> _Task objective_: Word for word, set down every line of the entries below from the line with "give-used_count zero (split l r) o = tt" to the line with "Ends-bind (err _) k h next = tt", including both, and no other line.

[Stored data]
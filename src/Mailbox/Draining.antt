-- ===== src/Mailbox/Draining.antt =====
-- The number of turns of the loop in Recv (pkg/diskrpc/mailbox.go).
use csi_sanlock_lvm.Base.{
  ℕ, zero, suc, ◌+◌, ◌-◌, ◌*◌, ◌%◌, ◌^◌, ◌≤◌, ◌<◌, ◌≡◌, ◌≢◌, ◌⊎◌, inl, inr, refl, sym, ap, ◌∙◌,
  subst, Bytes, leb, ltb, length, if◌then◌else◌, Bool, true, false, Bool-cases, Option, none, some,
  Result, ok, err, unknown, internal, arith,
}
use csi_sanlock_lvm.Base.Int.{ℤ, pos, negsuc, int32_of}
use csi_sanlock_lvm.Allocator.Heap.{Nodes, shl1, free_root}
use csi_sanlock_lvm.Allocator.Positions.{shl1_pos}
use csi_sanlock_lvm.Allocator.Tree.{Tree, whole, used, split, Represents, merge, give}
use csi_sanlock_lvm.Allocator.Root.{IsAllocator, RootFreed, root-length, free_root_lem}
use csi_sanlock_lvm.Mailbox.Device.{read_at, uint32}
use csi_sanlock_lvm.Mailbox.Header.{settle}
use csi_sanlock_lvm.Mailbox.Messages.{Codec, is_null, read_chunk, read_message, drain}

-- The number of allocated segments.
unfoldable pub used_count : Tree → ℕ
used_count whole = 0
used_count used = 1
used_count (split l r) = used_count l + used_count r

pub used_count_le :
    (d : ℕ) (t : Tree) (nodes : Nodes) (p : ℕ) → Represents d t nodes p → used_count t ≤ shl1 d
unfolding used_count shl1
used_count_le d whole nodes p h = omega arith
used_count_le d used nodes p h = shl1_pos d
used_count_le zero (split l r) nodes p h = absurd h
used_count_le (suc d) (split l r) nodes p (_, in_l, in_r) =
    omega (arith, used_count_le d l nodes _ in_l, used_count_le d r nodes _ in_r)

used_count-merge : (l r : Tree) → used_count (merge l r) ≡ used_count l + used_count r
unfolding used_count merge
used_count-merge whole whole = refl
used_count-merge whole used = refl
used_count-merge whole (split a b) = refl
used_count-merge used r = refl
used_count-merge (split a b) r = refl

abbrev OneLess : ℕ → Option Tree → Type 0
OneLess n none = Unit
OneLess n (some t) = n ≡ suc (used_count t)

OneLess-left :
    (n : ℕ) (r : Tree) (x : Option Tree)
    → OneLess n x
    → OneLess (n + used_count r) (elim x [ none ↦ none | some t ↦ some (merge t r) ])
OneLess-left n r none h = tt
OneLess-left n r (some t) h = omega (arith, h, used_count-merge t r)

OneLess-right :
    (n : ℕ) (l : Tree) (x : Option Tree)
    → OneLess n x
    → OneLess (used_count l + n) (elim x [ none ↦ none | some t ↦ some (merge l t) ])
OneLess-right n l none h = tt
OneLess-right n l (some t) h = omega (arith, h, used_count-merge l t)

-- Giving a segment back leaves one less.
give-used_count : (d : ℕ) (t : Tree) (o : ℕ) → OneLess (used_count t) (give d t o)
unfolding give used_count
give-used_count d whole o = tt
give-used_count d used zero = refl
give-used_count d used (suc o) = tt
give-used_count zero (split l r) o = tt
give-used_count (suc d) (split l r) o = elim (Bool-cases (ltb o (shl1 d))) [
  | inl low ↦ rw low (OneLess-left (used_count l) r (give d l o) (give-used_count d l o))
  | inr high ↦
      rw high
        (OneLess-right (used_count r) l (give d r (o - shl1 d)) (give-used_count d r (o - shl1 d)))
]

pub give-one_less :
    (d : ℕ) (t t' : Tree) (o : ℕ) → give d t o ≡ some t' → used_count t ≡ suc (used_count t')
give-one_less d t t' o e = subst (OneLess (used_count t)) e (give-used_count d t o)

-- Not the code of fuel that has run out.
abbrev Ends : {A : Type 0} → Result A → Type 0
Ends (err internal) = ⊥
Ends _ = Unit

Ends-same : {A : Type 0} (r : Result A) → Ends r → r ≢ err internal
Ends-same r h e = subst Ends e h

Ends-bind :
    {A B : Type 0} (r : Result A) (k : A → Result B)
    → Ends r
    → ((a : A) → r ≡ ok a → Ends (k a))
    → Ends (elim r [ err e ↦ err e | ok a ↦ k a ])
Ends-bind (ok a) k h next = next a refl
Ends-bind (err internal) k h next = absurd h
Ends-bind (err _) k h next = tt

Ends-choice : {A : Type 0} (b : Bool) (x y : Result A) → Ends x → Ends y → Ends (if b then x else y)
Ends-choice true x y hx hy = hx
Ends-choice false x y hx hy = hy

Ends-unless :
    {A : Type 0} (b : Bool) (a : A) (y : Result A)
    → (b ≡ false → Ends y)
    → Ends (elim b [ true ↦ ok a | false ↦ y ])
Ends-unless true a y h = tt
Ends-unless false a y h = h refl

Ends-some :
    {A B : Type 0} (o : Option A) (k : A → Result B)
    → ((a : A) → Ends (k a))
    → Ends (elim o [ none ↦ err unknown | some a ↦ k a ])
Ends-some none k h = tt
Ends-some (some a) k h = h a

Ends-known :
    {A B : Type 0} (r : Result A) (k : A → Result B)
    → ((r ≡ err unknown) ⊎ ((a : A) × (r ≡ ok a) × Ends (k a)))
    → Ends (elim r [ err e ↦ err e | ok a ↦ k a ])
Ends-known r k (inl e) = subst (λ r. Ends (elim r [ err e ↦ err e | ok a ↦ k a ])) (sym e) tt
Ends-known r k (inr (a, e, h)) = subst (λ r. Ends (elim r [ err e ↦ err e | ok a ↦ k a ])) (sym e) h

-- What the loop makes of Free: an error, or an allocator with one segment less.
abbrev FreedWell : ℕ → Tree → Nodes → ℕ → Type 0
FreedWell d t nodes a =
    (settle (free_root nodes (pos a)) ≡ err unknown)
    ⊎ ((freed : Unit {0} × Nodes) × (settle (free_root nodes (pos a)) ≡ ok freed)
        × (t' : Tree) × IsAllocator d t' freed.1
        × (used_count t ≡ suc (used_count t')))

FreedWell-root :
    (d : ℕ) (t : Tree) (nodes : Nodes) (a : ℕ) (x : Option Tree)
    → RootFreed d nodes a x
    → OneLess (used_count t) x
    → FreedWell d t nodes a
FreedWell-root d t nodes a none e h = inl (ap settle e)
FreedWell-root d t nodes a (some t') (result, e, v) h = inr ((tt, result), ap settle e, t', v, h)

read_at-Ends : (file : Bytes) (offset n : ℕ) → Ends (read_at file offset n)
unfolding read_at
read_at-Ends file offset n = Ends-choice (leb (offset + n) (length file)) _ _ tt tt

read_chunk-Ends :
    (addr : ℤ) (b_size len : ℕ) (file : Bytes) → Ends (read_chunk addr b_size len file)
unfolding read_chunk
read_chunk-Ends (negsuc n) b_size len file = tt
read_chunk-Ends (pos addr) b_size len file = read_at-Ends file (addr * b_size) len

address_of_pointer : (addr : ℕ) → is_null addr ≡ false → int32_of addr ≡ pos (addr % 2 ^ 32)
unfolding int32_of
address_of_pointer addr h = ground arith

module _ (directio_block_size : ℕ) (codec : Codec) (local_id : ℕ) where
  read_message-Ends :
      (b_size : ℕ) (addr : ℤ) (file : Bytes)
      → Ends (read_message directio_block_size codec local_id b_size addr file)
  unfolding read_message
  read_message-Ends b_size addr file =
      Ends-bind (read_chunk addr b_size b_size file) _ (read_chunk-Ends addr b_size b_size file)
        λ first _.
          Ends-choice (leb (uint32 first) (length first - 4)) _ _ tt
            (read_chunk-Ends addr b_size _ file)

  -- The rest of the loop after Free, by what it does to what Free leaves.
  after_free_lem :
      (fuel d : ℕ) (t : Tree) (nodes : Nodes) (b_size : ℕ) (file : Bytes) (addr next : ℕ)
      → IsAllocator d t nodes
      → int32_of addr ≡ pos (addr % 2 ^ 32)
      → addr % 2 ^ 32 < 2 ^ 31
      → used_count t < suc fuel
      → ((t' : Tree) (rest : Nodes) (next : ℕ)
          → IsAllocator d t' rest
          → used_count t' < fuel
          → Ends (drain directio_block_size codec local_id fuel b_size file next rest))
      → (settle (free_root nodes (int32_of addr)) ≡ err unknown)
        ⊎ ((freed : Unit {0} × Nodes) × (settle (free_root nodes (int32_of addr)) ≡ ok freed)
            × Ends (drain directio_block_size codec local_id fuel b_size file next freed.1))
  after_free_lem fuel d t nodes b_size file addr next v same small enough ends =
      elim (FreedWell-root d t nodes (addr % 2 ^ 32) (give d t (addr % 2 ^ 32))
        (free_root_lem d t nodes (addr % 2 ^ 32) v small) (give-used_count d t (addr % 2 ^ 32))) [
          | inl failed ↦ inl (ap (λ a. settle (free_root nodes a)) same ∙ failed)
          | inr (freed, e, t', v', less) ↦ inr (
            freed,
            ap (λ a. settle (free_root nodes a)) same ∙ e,
            ends t' freed.1 next v' (omega arith),
          )
        ]

  drain-Ends :
      (fuel d : ℕ) (t : Tree) (nodes : Nodes) (b_size : ℕ) (file : Bytes) (addr : ℕ)
      → IsAllocator d t nodes
      → used_count t < fuel
      → Ends (drain directio_block_size codec local_id fuel b_size file addr nodes)
  unfolding drain
  drain-Ends zero d t nodes b_size file addr v enough = absurd (omega arith)
  drain-Ends (suc fuel) d t nodes b_size file addr v enough = Ends-unless (is_null addr) _ _ λ more.
      Ends-bind (read_message directio_block_size codec local_id b_size (int32_of addr) file) _
        (read_message-Ends b_size (int32_of addr) file)
        λ buf _. Ends-some (codec.unmarshal buf) _ λ m.
          Ends-known (settle (free_root nodes (int32_of addr))) _
            (elim (after_free_lem fuel d t nodes b_size file addr m.next v
              (address_of_pointer addr more) (ground arith) enough
              λ t' rest next. drain-Ends fuel d t' rest b_size file next) [
                | inl e ↦ inl e
                | inr (freed, e, h) ↦ inr (freed, e, Ends-bind _ _ h λ _ _. tt)
              ])

  -- The loop of Recv ends: on a well-formed allocator of 2 ^ `d` blocks, whatever the file holds and whatever
  -- the messages' pointers are, the fuel of `Recv` is not used up and no step panics, since each turn gives
  -- one allocated segment back or fails.
  pub drain-ends :
      (d : ℕ) (t : Tree) (nodes : Nodes) (b_size : ℕ) (file : Bytes) (addr : ℕ)
      → IsAllocator d t nodes
      → drain directio_block_size codec local_id (suc (length nodes)) b_size file addr nodes
        ≢ err internal
  drain-ends d t nodes b_size file addr v = Ends-same _ (
      drain-Ends (suc (length nodes)) d t nodes b_size file addr v
        (omega (arith, used_count_le d t nodes 0 v.represents, root-length v.place)))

> _Final answer_:
give-used_count zero (split l r) o = tt
give-used_count (suc d) (split l r) o = elim (Bool-cases (ltb o (shl1 d))) [
  | inl low ↦ rw low (OneLess-left (used_count l) r (give d l o) (give-used_count d l o))
  | inr high ↦
      rw high
        (OneLess-right (used_count r) l (give d r (o - shl1 d)) (give-used_count d r (o - shl1 d)))
]

pub give-one_less :
    (d : ℕ) (t t' : Tree) (o : ℕ) → give d t o ≡ some t' → used_count t ≡ suc (used_count t')
give-one_less d t t' o e = subst (OneLess (used_count t)) e (give-used_count d t o)

-- Not the code of fuel that has run out.
abbrev Ends : {A : Type 0} → Result A → Type 0
Ends (err internal) = ⊥
Ends _ = Unit

Ends-same : {A : Type 0} (r : Result A) → Ends r → r ≢ err internal
Ends-same r h e = subst Ends e h

Ends-bind :
    {A B : Type 0} (r : Result A) (k : A → Result B)
    → Ends r
    → ((a : A) → r ≡ ok a → Ends (k a))
    → Ends (elim r [ err e ↦ err e | ok a ↦ k a ])
Ends-bind (ok a) k h next = next a refl
Ends-bind (err internal) k h next = absurd h
Ends-bind (err _) k h next = tt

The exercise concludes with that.